Git Bash - string parameter with '/' at start is being expanded to a file path. How to stop this?

Question

Earlier today, I was trying to generate a certificate with a DNSName entry in the SubjectAltName extension:

$ openssl req -new -subj "/C=GB/CN=foo" -addext "subjectAltName = DNS:foo.co.uk" \
-addext "certificatePolicies = 1.2.3.4" -key ./private-key.pem -out ~/req.pem

This command led to the following error message:

name is expected to be in the format /type0=value0/type1=value1/type2=... where characters may be escaped by . This name is not in that format: 'C:/Program Files/Git/C=GB/CN=foo' problems making Certificate Request

How can I stop Git Bash from treating this string parameter as a filepath, or at least stop it from making this alteration?

Answer 1

The release notes to the Git Bash 2.21.0 update today mentioned this as a known issue.

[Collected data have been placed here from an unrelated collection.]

-- ===== src/Projects/Deleted.antt =====
-- `delete_path` of application/project_service.py against the reading of it on what stands at each path.
use workspace.Base.{
  ℕ, ◌≡◌, ◌≢◌, refl, sym, ap, ◌∙◌, subst, ◌==◌, Bool, true, false, ◌&&◌, ◌++◌, [], ◌∷◌, Option,
  none, some, Text, text_eq, if◌then◌else◌, arith, ok, is_some, Ensures, Ensures-bind, skip_reads,
  note_gets, after_check, after_raise_if, after_modify, keep_then, ends_pure, weaken, conclude,
}
use mathlib.Core.Bool.{true≢false}
use workspace.Domain.Errors.{ObjectId}
use workspace.Domain.Models.{Project, ProjectFile}
use workspace.Store.{Env, World}
use workspace.Store.Projects.{file_get, file_delete, file_delete_under, like_prefix}
use workspace.Store.Projects.FileLaws.{file_get-delete, file_get-delete_under}
use workspace.Projects.Paths.{normalize_path}
use workspace.Projects.Files.{below, delete_path, delete_found, delete_under}
use workspace.Projects.Trees.{content_of, content_at}
use workspace.Projects.Restored.{content-same, OnTrees, touch-unmoved}

-- What a call deletes: the file at the path, or else all that LIKE takes to be below it.
abbrev pub is_target : (ℕ → ℕ → Bool) → Bool → Text → Text → Bool
is_target same is_file path q = if is_file then text_eq path q else like_prefix same q (below path)

-- The store after a deletion at `path` that reports `n`.
pub record IsDeleted (same : ℕ → ℕ → Bool) (project : ObjectId) (w0 : World) (path : Text) (n : ℕ)
    (w : World) : Type 0 where
  pub some_deleted : n ≢ 0
  pub holds :
      (other : ObjectId) (q : Text)
      → content_at other w q ≡ (
          if (project == other) && is_target same (is_some (file_get project path w0)) path q
          then none
          else content_at other w0 q)
  pub below_gone :
      is_some (file_get project path w0) ≡ false
      → (rest : Text) → content_at project w (below path ++ rest) ≡ none

like_prefix_refl :
    (same : ℕ → ℕ → Bool)
    → ((c : ℕ) → same c c ≡ true)
    → (p rest : Text) → like_prefix same (p ++ rest) p ≡ true
like_prefix_refl same h [] rest = refl
like_prefix_refl same h (c ∷ p) rest =
    let one = h c in let others = like_prefix_refl same h p rest in ground (arith)

content-if :
    (b : Bool) (o : Option ProjectFile)
    → content_of (if b then none else o) ≡ (if b then none else content_of o)
content-if true o = refl
content-if false o = refl

module _ (same : ℕ → ℕ → Bool) (project : ObjectId) (w0 : World) (path : Text) where
  IsDeleted-OnTrees : (n : ℕ) → OnTrees (IsDeleted same project w0 path n)
  IsDeleted-OnTrees n w w' s h = record {
    some_deleted = h.some_deleted;
    holds = λ other q. content-same other w w' q s ∙ h.holds other q;
    below_gone = λ e rest. content-same project w w' (below path ++ rest) s ∙ h.below_gone e rest;
  }

  file_gone :
      (f : ProjectFile)
      → file_get project path w0 ≡ some f
      → IsDeleted same project w0 path 1 (file_delete project path w0)
  file_gone f e = record {
    some_deleted = λ q. ground (arith);
    holds = λ other q.
        ap content_of (file_get-delete other project q path w0)
        ∙ content-if ((project == other) && text_eq path q) (file_get other q w0)
        ∙ ap
            (λ o.
              if (project == other) && is_target same (is_some o) path q
              then none
              else content_at other w0 q)
            (sym e);
    below_gone = λ k rest. absurd (true≢false (ap is_some (sym e) ∙ k));
  }

  directory_gone :
      ((c : ℕ) → same c c ≡ true)
      → (n : ℕ) → (n == 0) ≡ false
      → file_get project path w0 ≡ none
      → IsDeleted same project w0 path n ((file_delete_under same project (below path) w0).1)
  directory_gone self n some_deleted e = record {
    some_deleted = λ q. ground (arith);
    holds = λ other q.
        ap content_of (file_get-delete_under same other project q (below path) w0)
        ∙ content-if ((project == other) && like_prefix same q (below path)) (file_get other q w0)
        ∙ ap
            (λ o.
              if (project == other) && is_target same (is_some o) path q
              then none
              else content_at other w0 q)
            (sym e);
    below_gone = λ k rest.
        let hit = like_prefix_refl same self (below path) rest in
        let whole : ((project == project) && like_prefix same (below path ++ rest) (below path))
            ≡ true =
          ground (arith) in
        ap content_of (
          file_get-delete_under same project project (below path ++ rest) (below path) w0
          ∙ ap (λ b. if b then none else file_get project (below path ++ rest) w0) whole);
  }

module _ (env : Env) (self : (c : ℕ) → env.like c c ≡ true) (project : ObjectId) (w0 : World)
    (path : Text) where
  delete_under-IsDeleted :
      file_get project path w0 ≡ none
      → Ensures
          (λ w. w ≡ w0)
          (delete_under env project (below path))
          (λ n w. (n == 0) ≡ false → IsDeleted env.like project w0 path n w)
  delete_under-IsDeleted e = record {
    at = λ w n w' k h some_deleted.
        let e1 : (file_delete_under env.like project (below path) w0).1 ≡ w' =
          ap (λ x. (file_delete_under env.like project (below path) x).1) (sym k)
          ∙ ground (arith) in
        subst (IsDeleted env.like project w0 path n) e1
          (directory_gone env.like project w0 path self n some_deleted e);
  }

  delete_found-IsDeleted :
      (p : Project) (found : Option ProjectFile)
      → found ≡ file_get project path w0
      → Ensures
          (λ w. w ≡ w0)
          (delete_found env p project path found)
          (IsDeleted env.like project w0 path)
  unfolding delete_found
  delete_found-IsDeleted p (some f) e =
      after_modify _ _
        (λ w k.
          subst (λ x. IsDeleted env.like project w0 path 1 (file_delete project path x)) (sym k)
            (file_gone env.like project w0 path f (sym e)))
        (keep_then _ _ (touch-unmoved (IsDeleted-OnTrees env.like project w0 path 1) env p)
          (ends_pure 1 (λ w k. k)))
  delete_found-IsDeleted p none e =
      Ensures-bind (λ n w. (n == 0) ≡ false → IsDeleted env.like project w0 path n w) _ _
        (delete_under-IsDeleted (sym e))
        λ n. after_raise_if _ _ _ λ some_deleted.
          weaken (λ w q. q some_deleted)
            (keep_then _ _ (touch-unmoved (IsDeleted-OnTrees env.like project w0 path n) env p)
              (ends_pure n (λ w k. k)))

IsDeletedAt : (ℕ → ℕ → Bool) → ObjectId → Text → World → ℕ → World → Type 0
IsDeletedAt same project path w n w' =
    (normalized : Text) × (normalize_path path ≡ ok normalized)
    × IsDeleted same project w normalized n w'

delete_path-Ensures :
    (env : Env)
    → ((c : ℕ) → env.like c c ≡ true)
    → (user project : ObjectId) (path : Text) (w0 : World)
    → Ensures
        (λ w. w ≡ w0)
        (delete_path env user project path)
        (IsDeletedAt env.like project path w0)
unfolding delete_path IsDeletedAt
delete_path-Ensures env self user project path w0 = skip_reads _ _ λ access.
    after_check _ _ λ normalized e.
      note_gets (λ found. found ≡ file_get project normalized w0) _ _
        (λ x k. ap (file_get project normalized) k)
        λ found e1.
          conclude (λ n w k. (normalized, e, k))
            (delete_found-IsDeleted env self project w0 normalized access.project found e1)

-- Where LIKE takes each character for itself, a deletion that returns reports a positive number and
-- takes the file at the normalized path, or if there is none all files below it and all that LIKE
-- takes for such, and nothing else.
pub delete_path-IsDeleted :
    (env : Env)
    → ((c : ℕ) → env.like c c ≡ true)
    → (user project : ObjectId) (path : Text) (n : ℕ) (w w' : World)
    → delete_path env user project path w ≡ ok (n, w')
    → (normalized : Text) × (normalize_path path ≡ ok normalized)
      × IsDeleted env.like project w normalized n w'
unfolding IsDeletedAt
delete_path-IsDeleted env self user project path n w w' h =
    (delete_path-Ensures env self user project path w).at w n w' refl h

Fortunately, they also described two solutions to the problem:

If you specify command-line options starting with a slash, POSIX-to-Windows path conversion will kick in converting e.g. "/usr/bin/bash.exe" to "C:\Program Files\Git\usr\bin\bash.exe". When that is not desired -- e.g. "--upload-pack=/opt/git/bin/git-upload-pack" or "-L/regex/" -- you need to set the environment variable MSYS_NO_PATHCONV temporarily, like so:

MSYS_NO_PATHCONV=1 git blame -L/pathconv/ msys2_path_conv.cc

Alternatively, you can double the first slash to avoid POSIX-to-Windows path conversion, e.g. "//usr/bin/bash.exe".

Answer 2

Using MSYS_NO_PATHCONV=1 can be problematic if your script accesses files.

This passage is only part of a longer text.